2017 — Kuala Lumpur International Airport Nerve Agent Assassination of Kim Jong-nam: Less than a year ago two female North Korean agents approached an exiled member of the North Korea ruling family and assassinated him with incredibly deadly VX nerve agent. They smeared it on his face and less than half an hour later he was dead even though he sought medical help almost immediately. They did this right in the middle of the terminal of Kuala Lumpur International Airport in Malaysia, one of the busiest airports on the world.

North Korea’s terrorist acts of war span numerous nations, South Korea, Japan, Malaysia, Myanmar, and a plane flying from Iran to Thailand. It has included everything from kidnapping nationals from their homeland to targeted assassination of individuals to the mass murders of planting a bomb on a commercial airplane and the roof a mausoleum.

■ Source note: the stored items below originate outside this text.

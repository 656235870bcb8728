-- ===== src/Wire/Bind.antt =====
-- bind: bind_context of include/nativepg/protocol/bind.hpp, the format codes of
-- include/nativepg/protocol/format_codes.hpp, and the serialization in src/messages.cpp.
use nativepg.Prelude.{
  ℕ, suc, ◌+◌, ◌-◌, ◌%◌, ◌^◌, ℤ, pos, List, [], ◌∷◌, ◌++◌, Option, none, some, if◌then◌else◌,
  length, ltb, ◌==◌, ◌>>=◌,
}
use nativepg.Protocol.{ErrorCode, client, value_too_big}
use nativepg.Wire.{
  Endian, SerializationContext, serialization_context, add_error, add_string, add_int16, add_header,
  overwrite, int32_max, Serialized, finalize_message,
}

-- format_code and format_codes
pub data FormatCode : Type 0 where
  text binary : FormatCode

pub data FormatCodes : Type 0 where
  all_text all_binary : FormatCodes
  each : List FormatCode → FormatCodes

-- The conversion of one code, to be applied to all elements.
abbrev pub all_of : FormatCode → FormatCodes
all_of text = all_text
all_of binary = all_binary

abbrev pub format_code_value : FormatCode → ℤ
format_code_value text = pos 0
format_code_value binary = pos 1

abbrev pub int16_max : ℕ
int16_max = 2 ^ 15 - 1

-- parameter_ref: the type, and what its two functions do to the buffer, with their code.
pub record ParameterRef : Type 0 where
  pub type_oid : ℤ
  pub serialize_text : List ℕ → ErrorCode × List ℕ
  pub serialize_binary : List ℕ → ErrorCode × List ℕ

pub record BindContext : Type 0 where
  pub num_params : ℕ
  pub param_offset : ℕ
  pub buff : List ℕ
  pub err : ErrorCode

abbrev pub no_offset : ℕ
no_offset = 2 ^ 64 - 1

abbrev pub bind_context : List ℕ → BindContext
bind_context buff = record { num_params = 0; param_offset = no_offset; buff = buff; err = none }

abbrev pub add_bind_error : ErrorCode → BindContext → BindContext
add_bind_error ec c = record c { err = elim c.err [ some e ↦ some e | none ↦ ec ] }

module _ (endian : Endian) where
  unfoldable pub maybe_finish_parameter : BindContext → Option BindContext
  maybe_finish_parameter c =
      let param_size = (length c.buff + (2 ^ 64 - c.param_offset) + (2 ^ 64 - 4)) % 2 ^ 64 in
      let stored : Option BindContext = do
        buffer ← overwrite c.param_offset (endian.store_big_s32 (pos param_size)) c.buff
        some (record c { buff = buffer; param_offset = no_offset })
      in if c.param_offset == no_offset
        then some c
        else if ltb int32_max param_size
        then some (add_bind_error (some (client value_too_big)) c)
        else stored

  unfoldable pub start_parameter : BindContext → Option BindContext
  start_parameter c = do
    d ← maybe_finish_parameter c
    some (record d {
      num_params = suc d.num_params;
      param_offset = length d.buff;
      buff = d.buff ++ (0 ∷ 0 ∷ 0 ∷ 0 ∷ []);
    })

  abbrev pub serialize_parameter : FormatCode → ParameterRef → BindContext → BindContext
  serialize_parameter text p c =
      let r = p.serialize_text c.buff in add_bind_error r.0 (record c { buff = r.1 })
  serialize_parameter binary p c =
      let r = p.serialize_binary c.buff in add_bind_error r.0 (record c { buff = r.1 })

  -- The parameters_fn that request::add_bind makes.
  unfoldable pub add_parameters : FormatCode → List ParameterRef → BindContext → Option BindContext
  add_parameters fmt [] c = some c
  add_parameters fmt (p ∷ ps) c = do
    d ← start_parameter c
    add_parameters fmt ps (serialize_parameter fmt p d)

  abbrev pub add_fmt_codes : List FormatCode → SerializationContext → SerializationContext
  add_fmt_codes [] c = c
  add_fmt_codes (code ∷ codes) c = add_fmt_codes codes (add_int16 endian (format_code_value code) c)

  unfoldable pub serialize_fmt_codes : FormatCodes → SerializationContext → SerializationContext
  serialize_fmt_codes all_text c = add_int16 endian (pos 0) c
  serialize_fmt_codes all_binary c = add_int16 endian (pos 1) (add_int16 endian (pos 1) c)
  serialize_fmt_codes (each codes) c =
      if ltb int16_max (length codes)
      then add_error (some (client value_too_big)) c
      else add_fmt_codes codes (add_int16 endian (pos (length codes)) c)

  unfoldable pub serialize_params :
      (BindContext → Option BindContext) → SerializationContext → Option SerializationContext
  serialize_params parameters_fn c = do
    added ← parameters_fn (bind_context (c.buffer ++ (0 ∷ 0 ∷ [])))
    finished ← maybe_finish_parameter added
    let d : SerializationContext = add_error finished.err (record c { buffer = finished.buff })
    counted ← overwrite (length c.buffer) (endian.store_big_s16 (pos finished.num_params)) d.buffer
    some (
        if ltb int16_max finished.num_params
        then add_error (some (client value_too_big)) d
        else record d { buffer = counted })

  unfoldable pub serialize_bind :
      List ℕ
      → List ℕ
      → FormatCodes
      → (BindContext → Option BindContext)
      → FormatCodes
      → List ℕ
      → Serialized
  serialize_bind portal_name statement_name parameter_fmt_codes parameters_fn result_fmt_codes to =
      do
        c ← serialize_params parameters_fn (
            serialize_fmt_codes parameter_fmt_codes (
              add_string statement_name
                (add_string portal_name (add_header b'B' (serialization_context to)))))
        finalize_message endian (serialize_fmt_codes result_fmt_codes c)
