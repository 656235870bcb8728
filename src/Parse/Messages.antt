-- ===== src/Parse/Messages.antt =====
-- The messages of the server (include/nativepg/protocol: startup.hpp, async.hpp, copy.hpp,
-- data_row.hpp, describe.hpp, notice_error.hpp, ready_for_query.hpp) and any_backend_message, the
-- union of them. A view is the bytes that it looks at.
use nativepg.Prelude.{ℕ, ℤ, List, Option, none}
use nativepg.Protocol.{Kind, BackendMessage}
use nativepg.Wire.Bind.{FormatCode}

-- forward_parsing_view: a number of items and the span of their bytes.
pub record ForwardView : Type 0 where
  pub size : ℕ
  pub span : List ℕ

-- random_access_parsing_view: what stands in memory from the first item on, and a number of items.
pub record RandomAccessView : Type 0 where
  pub memory : List ℕ
  pub size : ℕ

-- transaction_status; a character that is no status is kept.
pub data TransactionStatus : Type 0 where
  idle in_transaction failed : TransactionStatus
  other : ℕ → TransactionStatus

pub record BackendKeyData : Type 0 where
  pub process_id : ℤ
  pub secret_key : ℤ

pub record CopyResponse : Type 0 where
  pub overall_fmt_code : FormatCode
  pub fmt_codes : RandomAccessView

pub record NegotiateProtocolVersion : Type 0 where
  pub minor_version : ℕ
  pub non_recognized_options : ForwardView

pub record NotificationResponse : Type 0 where
  pub process_id : ℤ
  pub channel_name : List ℕ
  pub payload : List ℕ

pub record ParameterStatus : Type 0 where
  pub name : List ℕ
  pub value : List ℕ

-- error_notice_fields
pub record ErrorNoticeFields : Type 0 where
  pub severity : Option (List ℕ)
  pub localized_severity : Option (List ℕ)
  pub sqlstate : Option (List ℕ)
  pub message : Option (List ℕ)
  pub detail : Option (List ℕ)
  pub hint : Option (List ℕ)
  pub position : Option (List ℕ)
  pub internal_position : Option (List ℕ)
  pub internal_query : Option (List ℕ)
  pub where_field : Option (List ℕ)
  pub schema_name : Option (List ℕ)
  pub table_name : Option (List ℕ)
  pub column_name : Option (List ℕ)
  pub data_type_name : Option (List ℕ)
  pub constraint_name : Option (List ℕ)
  pub file_name : Option (List ℕ)
  pub line_number : Option (List ℕ)
  pub routine : Option (List ℕ)

abbrev pub no_error_fields : ErrorNoticeFields
no_error_fields = record {
  severity = none;
  localized_severity = none;
  sqlstate = none;
  message = none;
  detail = none;
  hint = none;
  position = none;
  internal_position = none;
  internal_query = none;
  where_field = none;
  schema_name = none;
  table_name = none;
  column_name = none;
  data_type_name = none;
  constraint_name = none;
  file_name = none;
  line_number = none;
  routine = none;
}

-- any_backend_message. The union's members that parse_any_message never makes are left out, and so
-- are the accessors, which throw where the kind is another.
pub data AnyBackendMessage : Type 0 where
  authentication_ok authentication_kerberos_v5 : AnyBackendMessage
  authentication_cleartext_password authentication_gss authentication_sspi : AnyBackendMessage
  authentication_md5_password authentication_gss_continue : List ℕ → AnyBackendMessage
  authentication_sasl : ForwardView → AnyBackendMessage
  authentication_sasl_continue authentication_sasl_final : List ℕ → AnyBackendMessage
  backend_key_data : BackendKeyData → AnyBackendMessage
  bind_complete close_complete copy_done empty_query_response no_data : AnyBackendMessage
  parse_complete portal_suspended : AnyBackendMessage
  command_complete copy_data : List ℕ → AnyBackendMessage
  copy_in_response copy_out_response copy_both_response : CopyResponse → AnyBackendMessage
  data_row row_description : ForwardView → AnyBackendMessage
  error_response notice_response : ErrorNoticeFields → AnyBackendMessage
  negotiate_protocol_version : NegotiateProtocolVersion → AnyBackendMessage
  notification_response : NotificationResponse → AnyBackendMessage
  parameter_description : RandomAccessView → AnyBackendMessage
  parameter_status : ParameterStatus → AnyBackendMessage
  ready_for_query : TransactionStatus → AnyBackendMessage

-- any_backend_message::type
unfoldable pub type : AnyBackendMessage → Kind
type authentication_ok = Kind.authentication_ok
type authentication_kerberos_v5 = Kind.authentication_kerberos_v5
type authentication_cleartext_password = Kind.authentication_cleartext_password
type authentication_gss = Kind.authentication_gss
type authentication_sspi = Kind.authentication_sspi
type (authentication_md5_password s) = Kind.authentication_md5_password
type (authentication_gss_continue s) = Kind.authentication_gss_continue
type (authentication_sasl v) = Kind.authentication_sasl
type (authentication_sasl_continue s) = Kind.authentication_sasl_continue
type (authentication_sasl_final s) = Kind.authentication_sasl_final
type (backend_key_data v) = Kind.backend_key_data
type bind_complete = Kind.bind_complete
type close_complete = Kind.close_complete
type copy_done = Kind.copy_done
type empty_query_response = Kind.empty_query_response
type no_data = Kind.no_data
type parse_complete = Kind.parse_complete
type portal_suspended = Kind.portal_suspended
type (command_complete s) = Kind.command_complete
type (copy_data s) = Kind.copy_data
type (copy_in_response v) = Kind.copy_in_response
type (copy_out_response v) = Kind.copy_out_response
type (copy_both_response v) = Kind.copy_both_response
type (data_row v) = Kind.data_row
type (row_description v) = Kind.row_description
type (error_response v) = Kind.error_response
type (notice_response v) = Kind.notice_response
type (negotiate_protocol_version v) = Kind.negotiate_protocol_version
type (notification_response v) = Kind.notification_response
type (parameter_description v) = Kind.parameter_description
type (parameter_status v) = Kind.parameter_status
type (ready_for_query s) = Kind.ready_for_query

-- A parsed message with the bytes that its views look at.
pub record Parsed : Type 0 where
  pub message : AnyBackendMessage
  pub body : List ℕ

-- What the state machines are handed.
abbrev pub as_backend : Parsed → BackendMessage
as_backend p = record { kind = type p.message; body = p.body }
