-- ===== src/Wire/Framing.antt =====
-- parse_header and message_missing_bytes of src/messages.cpp: where a message of the server ends.
use nativepg.Prelude.{
  Bool, true, ℕ, ◌+◌, ◌-◌, ◌%◌, ◌^◌, ℤ, pos, negsuc, List, ◌∷◌, ◌⊎◌, inl, inr, if◌then◌else◌,
  length, ltb,
}
use nativepg.Protocol.{Error, client, protocol_value_error}
use nativepg.Wire.{Endian, to_unsigned}

-- message_header
pub record MessageHeader : Type 0 where
  pub type : ℕ
  pub size : ℤ

-- `size < 4`
abbrev pub is_below_4 : ℤ → Bool
is_below_4 (pos n) = ltb n 4
is_below_4 (negsuc n) = true

-- The length of the message without its type, as the unsigned 32-bit `header.size + 1u`.
abbrev pub required_size : MessageHeader → ℕ
required_size h = (to_unsigned (2 ^ 32) h.size + 1) % 2 ^ 32

unfoldable pub missing_of : ℕ → Error ⊎ MessageHeader → ℕ
missing_of size (inl e) = 0
missing_of size (inr h) = if ltb size (required_size h) then required_size h - size else 0

module _ (endian : Endian) where
  unfoldable pub parse_header : ℕ → ℕ → ℕ → ℕ → ℕ → Error ⊎ MessageHeader
  parse_header msg_type a b c d =
      let size = endian.load_big_s32 a b c d in
      if is_below_4 size
      then inl (client protocol_value_error)
      else inr (record { type = msg_type; size = size })

  unfoldable pub message_missing_bytes : List ℕ → ℕ
  unfolding missing_of
  message_missing_bytes (t ∷ a ∷ b ∷ c ∷ d ∷ rest) =
      missing_of (length rest + 5) (parse_header t a b c d)
  message_missing_bytes bytes = 5 - length bytes
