-- ===== src/Parse.antt =====
-- src/parse_context.hpp: the reader that parses a message from its bytes, and keeps the first error.
-- The children hold the messages of the server (include/nativepg/protocol/any_backend_message.hpp),
-- their parse functions and parse_message (src/messages.cpp), and the views of a message's items
-- (include/nativepg/protocol/views.hpp).

pub mod Messages
pub mod Fields
pub mod Bodies
pub mod Dispatch
pub mod Views
pub mod Strings
pub mod Sticky
pub mod Walks
pub mod Described
pub mod Lists
pub mod Accepted
pub mod Readable
pub mod Answers
pub mod Encoded
pub mod Rows
pub mod Descriptions
pub mod RoundTrip
pub mod Unknown
pub mod Contained
pub mod CommandTag
pub mod Counted
mod Tests
use nativepg.Prelude.{
  ℕ, zero, suc, ◌-◌, ◌<◌, ℤ, pos, negsuc, Bool, true, false, List, [], ◌∷◌, ◌++◌, Option, none,
  some, if◌then◌else◌, length, take, drop, ltb, is_negative,
}
use nativepg.Protocol.{ErrorCode, client, incomplete_message, protocol_value_error, extra_bytes}
use nativepg.Wire.{Endian}

-- parse_context: the bytes from first_ to last_, and ec_.
pub record ParseContext : Type 0 where
  pub rest : List ℕ
  pub err : ErrorCode

abbrev pub parse_context : List ℕ → ParseContext
parse_context range = record { rest = range; err = none }

-- A method that returns a value, and what it leaves.
abbrev pub Parser : Type 0 → Type 0
Parser A = ParseContext → A × ParseContext

infixl 5 ◌>>=◌ ◌>>◌
abbrev pub ◌>>=◌ : {A B : Type 0} → Parser A → (A → Parser B) → Parser B
◌>>=◌ m f c = let (a, c') = m c in f a c'

abbrev pub ◌>>◌ : {A B : Type 0} → Parser A → Parser B → Parser B
◌>>◌ m k c = k (m c).1

abbrev pub return : {A : Type 0} → A → Parser A
return a c = (a, c)

-- `first()`, as the bytes that are there.
abbrev pub first : Parser (List ℕ)
first c = (c.rest, c)

abbrev pub keep_first : ErrorCode → ErrorCode → ErrorCode
keep_first none ec = ec
keep_first (some e) ec = some e

unfoldable pub add_error : ErrorCode → Parser (Unit {0})
add_error ec c = (tt, record c { err = keep_first c.err ec })

abbrev pub incomplete : ParseContext → ParseContext
incomplete c = record c { err = keep_first c.err (some (client incomplete_message)) }

-- What a getter does once it has an error, or has none.
abbrev pub unless_failed {ℓ} : {A : Type ℓ} → ErrorCode → A → A → A
unless_failed none failed good = good
unless_failed (some e) failed good = failed

abbrev take_byte : List ℕ → ErrorCode → ℕ × ParseContext
take_byte [] err = (0, incomplete (record { rest = []; err = err }))
take_byte (b ∷ bytes) none = (b, record { rest = bytes; err = none })
take_byte (b ∷ bytes) (some e) = (0, record { rest = b ∷ bytes; err = some e })

unfoldable pub get_byte : Parser ℕ
get_byte c = take_byte c.rest c.err

-- Where there are too few bytes for a number, and where there are enough but an error came before.
abbrev too_few : List ℕ → ErrorCode → ℤ × ParseContext
too_few rest err = (pos 0, incomplete (record { rest = rest; err = err }))

abbrev already : List ℕ → ErrorCode → ℤ × ParseContext
already rest err = (pos 0, record { rest = rest; err = err })

module _ (endian : Endian) where
  abbrev take_int16 : List ℕ → ErrorCode → ℤ × ParseContext
  take_int16 (a ∷ b ∷ bytes) none = (endian.load_big_s16 a b, record { rest = bytes; err = none })
  take_int16 (a ∷ b ∷ bytes) (some e) = already (a ∷ b ∷ bytes) (some e)
  take_int16 rest err = too_few rest err

  abbrev take_int32 : List ℕ → ErrorCode → ℤ × ParseContext
  take_int32 (a ∷ b ∷ c ∷ d ∷ bytes) none =
      (endian.load_big_s32 a b c d, record { rest = bytes; err = none })
  take_int32 (a ∷ b ∷ c ∷ d ∷ bytes) (some e) = already (a ∷ b ∷ c ∷ d ∷ bytes) (some e)
  take_int32 rest err = too_few rest err

  -- get_integral, of std::int16_t and of std::int32_t
  unfoldable pub get_int16 : Parser ℤ
  get_int16 c = take_int16 c.rest c.err

  unfoldable pub get_int32 : Parser ℤ
  get_int32 c = take_int32 c.rest c.err

-- The end of get_nonnegative_integral.
abbrev pub check_nonnegative : ℤ → Parser ℕ
check_nonnegative (pos n) c = (n, c)
check_nonnegative (negsuc n) c =
    (0, record c { err = keep_first c.err (some (client protocol_value_error)) })

module _ (endian : Endian) where
  unfoldable pub get_nonnegative_int16 : Parser ℕ
  get_nonnegative_int16 c = let (n, c') = get_int16 endian c in check_nonnegative n c'

  unfoldable pub get_nonnegative_int32 : Parser ℕ
  get_nonnegative_int32 c = let (n, c') = get_int32 endian c in check_nonnegative n c'

-- std::find of the terminator: the string before it and the bytes behind it.
unfoldable pub split_string : List ℕ → Option (List ℕ × List ℕ)
split_string [] = none
split_string (zero ∷ bytes) = some ([], bytes)
split_string (suc b ∷ bytes) = elim (split_string bytes) [
  | none ↦ none
  | some (s, rest) ↦ some (suc b ∷ s, rest)
]

abbrev pub take_string : Option (List ℕ × List ℕ) → Parser (List ℕ)
take_string none c = ([], incomplete c)
take_string (some (s, rest)) c = (s, record c { rest = rest })

unfoldable pub get_string : Parser (List ℕ)
get_string c = unless_failed c.err ([], c) (take_string (split_string c.rest) c)

unfoldable pub check_size_and_advance : ℕ → Parser (Unit {0})
check_size_and_advance n c =
    (tt, if ltb (length c.rest) n then incomplete c else record c { rest = drop n c.rest })

-- get_bytes; get_byte_array has zeros in place of the bytes that it lacks.
abbrev pub take_bytes : ℕ → List ℕ → Parser (List ℕ)
take_bytes n missing c =
    let d = if ltb (length c.rest) n then incomplete c else c in
    unless_failed d.err (missing, d) (take n d.rest, record d { rest = drop n d.rest })

unfoldable pub check_extra_bytes : ParseContext → ParseContext
check_extra_bytes c = elim c.rest [
  | [] ↦ c
  | (b ∷ bytes) ↦ record c { err = keep_first c.err (some (client extra_bytes)) }
]

unfoldable pub check : ParseContext → ErrorCode
unfolding check_extra_bytes
check c = (check_extra_bytes c).err
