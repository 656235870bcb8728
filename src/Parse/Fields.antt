-- ===== src/Parse/Fields.antt =====
-- The fields of an error or a notice (src/messages.cpp): populate_field and parse_error_notice.
use nativepg.Prelude.{ℕ, zero, suc, List, Option, none, some, if◌then◌else◌, length, ◌==◌}
use nativepg.Protocol.{ErrorCode}
use nativepg.Parse.{Parser, parse_context, ◌>>=◌, return, get_byte, get_string, check}
use nativepg.Parse.Messages.{ErrorNoticeFields, no_error_fields}

-- error_field_type; `none` for any other byte.
pub data ErrorFieldType : Type 0 where
  severity_i18n severity sqlstate message detail hint position internal_position : ErrorFieldType
  internal_query where_field schema_name table_name column_name data_type_name : ErrorFieldType
  constraint_name file_name line_number routine : ErrorFieldType

unfoldable pub error_field_type : ℕ → Option ErrorFieldType
error_field_type b =
    if b == b'S'
    then some severity_i18n
    else if b == b'V'
    then some severity
    else if b == b'C'
    then some sqlstate
    else if b == b'M'
    then some message
    else if b == b'D'
    then some detail
    else if b == b'H'
    then some hint
    else if b == b'P'
    then some position
    else if b == b'p'
    then some internal_position
    else if b == b'q'
    then some internal_query
    else if b == b'W'
    then some where_field
    else if b == b's'
    then some schema_name
    else if b == b't'
    then some table_name
    else if b == b'c'
    then some column_name
    else if b == b'd'
    then some data_type_name
    else if b == b'n'
    then some constraint_name
    else if b == b'F'
    then some file_name
    else if b == b'L'
    then some line_number
    else if b == b'R'
    then some routine
    else none

abbrev pub store_field : ErrorFieldType → List ℕ → ErrorNoticeFields → ErrorNoticeFields
store_field severity_i18n s to = record to { localized_severity = some s }
store_field severity s to = record to { severity = some s }
store_field sqlstate s to = record to { sqlstate = some s }
store_field message s to = record to { message = some s }
store_field detail s to = record to { detail = some s }
store_field hint s to = record to { hint = some s }
store_field position s to = record to { position = some s }
store_field internal_position s to = record to { internal_position = some s }
store_field internal_query s to = record to { internal_query = some s }
store_field where_field s to = record to { where_field = some s }
store_field schema_name s to = record to { schema_name = some s }
store_field table_name s to = record to { table_name = some s }
store_field column_name s to = record to { column_name = some s }
store_field data_type_name s to = record to { data_type_name = some s }
store_field constraint_name s to = record to { constraint_name = some s }
store_field file_name s to = record to { file_name = some s }
store_field line_number s to = record to { line_number = some s }
store_field routine s to = record to { routine = some s }

-- Nothing is read for a byte that is no type.
abbrev pub populate_field : Option ErrorFieldType → ErrorNoticeFields → Parser ErrorNoticeFields
populate_field none to = return to
populate_field (some t) to = do s ← get_string; return (store_field t s to)

-- The loop of parse_error_notice. Each round but the last takes a byte, so that as many rounds as
-- there are bytes leave only the last one, which reads a 0.
unfoldable pub fields_loop : ℕ → ErrorNoticeFields → Parser ErrorNoticeFields
fields_loop zero to = do type_byte ← get_byte; return to
fields_loop (suc fuel) to = do
  type_byte ← get_byte
  let rest = do fields ← populate_field (error_field_type type_byte) to; fields_loop fuel fields
  if type_byte == 0 then return to else rest

unfoldable pub parse_error_notice : List ℕ → ErrorCode × ErrorNoticeFields
unfolding fields_loop
parse_error_notice body =
    let (to, c) = fields_loop (length body) no_error_fields (parse_context body) in (check c, to)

Think about that and what it means when trying to deal with this country and its unbalanced leaders. If Kim Jong Un will use the most deadly of internationally banned chemical weapons so whimsically and recklessly as he did in a Malaysian airport just last year, what does that say about his potential to use his nuclear arsenal?

To date the world has reacted tepidly to these repeated acts of war. Not once has the response included military force. North Korea does these things, and continues to commit these acts of war, because they can. The consequences of economic sanctions obviously mean nothing to North Korean leaders. The problem will not improve with this terrorist regime’s acquisition of a nuclear shield.